Coordinate expression of the lineage-specific growth factor colony-stimulating factor (CSF)-1 and its receptor selectively promotes macrophage maturation during differentiation of multipotential progenitor cells

F Heusohn, U Pohler, T Decker, U Just, W Ostertag, ML Lohmann-Matthes and M Baccarini
Department of Immunobiology, Fraunhofer Institute for Toxicology and Molecular Biology, Hannover, Federal Republic of Germany.

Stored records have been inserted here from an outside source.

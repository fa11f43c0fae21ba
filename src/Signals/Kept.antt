-- ===== src/Signals/Kept.antt =====
-- Whatever the system answers, the handlers of src/sighandler.c that return leave a valid vector and an exclude list
-- in order.
use agentsmith.Base.{ℕ, Bool, ◌≡◌, refl, inl, inr, Bool-cases}
use agentsmith.Base.Outcome.{Outcome, Env, IfReturns, bind-IfReturns, assert-IfReturns}
use agentsmith.Records.{HostRecord, Vector}
use agentsmith.Records.Lookup.{key, IsValid}
use agentsmith.Records.Maintenance.{records_enumerate}
use agentsmith.Records.Kept.{records_enumerate-Kept}
use agentsmith.Exclude.File.{exclude_readfile}
use agentsmith.Exclude.Kept.{exclude_readfile-LaidOut}
use agentsmith.Slots.Layout.{IsLaidOut}
use agentsmith.Signals.{
  Signal, hup, usr1, usr2, termination, fatal, unhandled, Process, SignalEnv,
  records_callback_output, records_callback_remove_all, enumerate_async, handle,
}

enumerate_async-IsValid :
    {S : Type 0} (cb : S → HostRecord → Outcome (S × HostRecord × ℕ))
    (keeps : (s : S) (r : HostRecord)
      → IfReturns (λ (s', r', stop). Unit × (key r' ≡ key r)) (cb s r))
    (thread : Bool) (e : Env) (s : S) (v : Vector)
    → IsValid v
    → IfReturns (λ (s', u, r). IsValid u) (enumerate_async cb thread e s v)
unfolding enumerate_async
enumerate_async-IsValid cb keeps thread e s v w =
    assert-IfReturns _ v.initialized _ (elim (Bool-cases thread) [
      | inr h ↦ rw (h, IfReturns) w
      | inl h ↦
          rw (h, IfReturns)
            (bind-IfReturns (λ (s', u, r). Unit × IsValid u) _ (records_enumerate cb e s v) _
              (records_enumerate-Kept (λ s. Unit) cb (λ s r k. keeps s r) e s v tt w)
              (λ (s', u, r) (_, w'). w'))
    ])

-- The vector and the exclude list.
pub record IsSound (p : Process) : Type 0 where
  pub valid : IsValid p.vector
  pub laid_out : IsLaidOut p.rules

pub handle-IsSound :
    (e : SignalEnv) (p : Process) (s : Signal) → IsSound p → IfReturns IsSound (handle e p s)
unfolding handle records_callback_output records_callback_remove_all
handle-IsSound e p hup w = elim (Bool-cases e.thread) [
  | inr h ↦ rw (h, IfReturns) w
  | inl h ↦
      rw (h, IfReturns)
        (bind-IfReturns IsLaidOut IsSound
          (exclude_readfile e.call e.calloc e.inet p.rules e.exclude e.file) _
          (exclude_readfile-LaidOut e.call e.calloc e.inet p.rules e.exclude e.file w.laid_out)
          (λ rules k. record { valid = w.valid; laid_out = k }))
]
handle-IsSound e p usr1 w =
    bind-IfReturns (λ (s', u, r). IsValid u) IsSound
      (enumerate_async records_callback_output e.thread e.call p.printed p.vector) _
      (enumerate_async-IsValid records_callback_output (λ s r. (tt, refl)) e.thread e.call p.printed
        p.vector w.valid)
      (λ (s', u, r) k. record { valid = k; laid_out = w.laid_out })
handle-IsSound e p usr2 w =
    bind-IfReturns (λ (s', u, r). IsValid u) IsSound
      (enumerate_async records_callback_remove_all e.thread e.call tt p.vector) _
      (enumerate_async-IsValid records_callback_remove_all (λ s r. (tt, refl)) e.thread e.call tt
        p.vector w.valid)
      (λ (s', u, r) k. record { valid = k; laid_out = w.laid_out })
handle-IsSound e p termination w = record { valid = w.valid; laid_out = w.laid_out }
handle-IsSound e p fatal w = tt
handle-IsSound e p unhandled w = w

The multipotent hematopoietic precursor line A4GMV#2, derived by infection of FDCP-mix cells with a retroviral vector expressing the granulocyte-macrophage colony-stimulating factor (CSF) gene, proliferates continuously in interleukin 3 and presents the unique advantage of synchronous granulocyte and macrophage differentiation upon interleukin 3 withdrawal. Using this system, we showed previously that the mRNAs for lineage-specific receptors (granulocyte-CSF receptors, CSF-1 receptors, and Erythropoietin receptors) and ligands (granulocyte-CSF and CSF-1) are up-regulated during myeloid maturation. Here we address the specific question of the regulation of the expression of CSF-1 and its receptor and of their relevance to macrophage differentiation. Both genes were transcribed with equal efficiency in undifferentiated and differentiating cells. CSF-1 mRNA was detected in undifferentiated cells and increased slightly in the early phases of differentiation. CSF-1 receptor mRNA, absent in undifferentiated cells, accumulated early in differentiation (24 h) and remained constant thereafter. The production of both proteins, detected later during the differentiation of A4GMV#2 cells and of bone marrow-derived myeloid precursors, was therefore controlled at the posttranscriptional level. CSF-1 was produced by cells of the macrophage lineage and accumulated in mature phagocytes. A neutralizing anti-CSF-1 serum selectively impaired macrophage differentiation of A4GMV#2 cells and, most significantly, of primary myeloid precursors. These data indicate that CSF-1 and its receptor interact productively during differentiation and that the resulting autocrine stimulation selectively promotes macrophage maturation.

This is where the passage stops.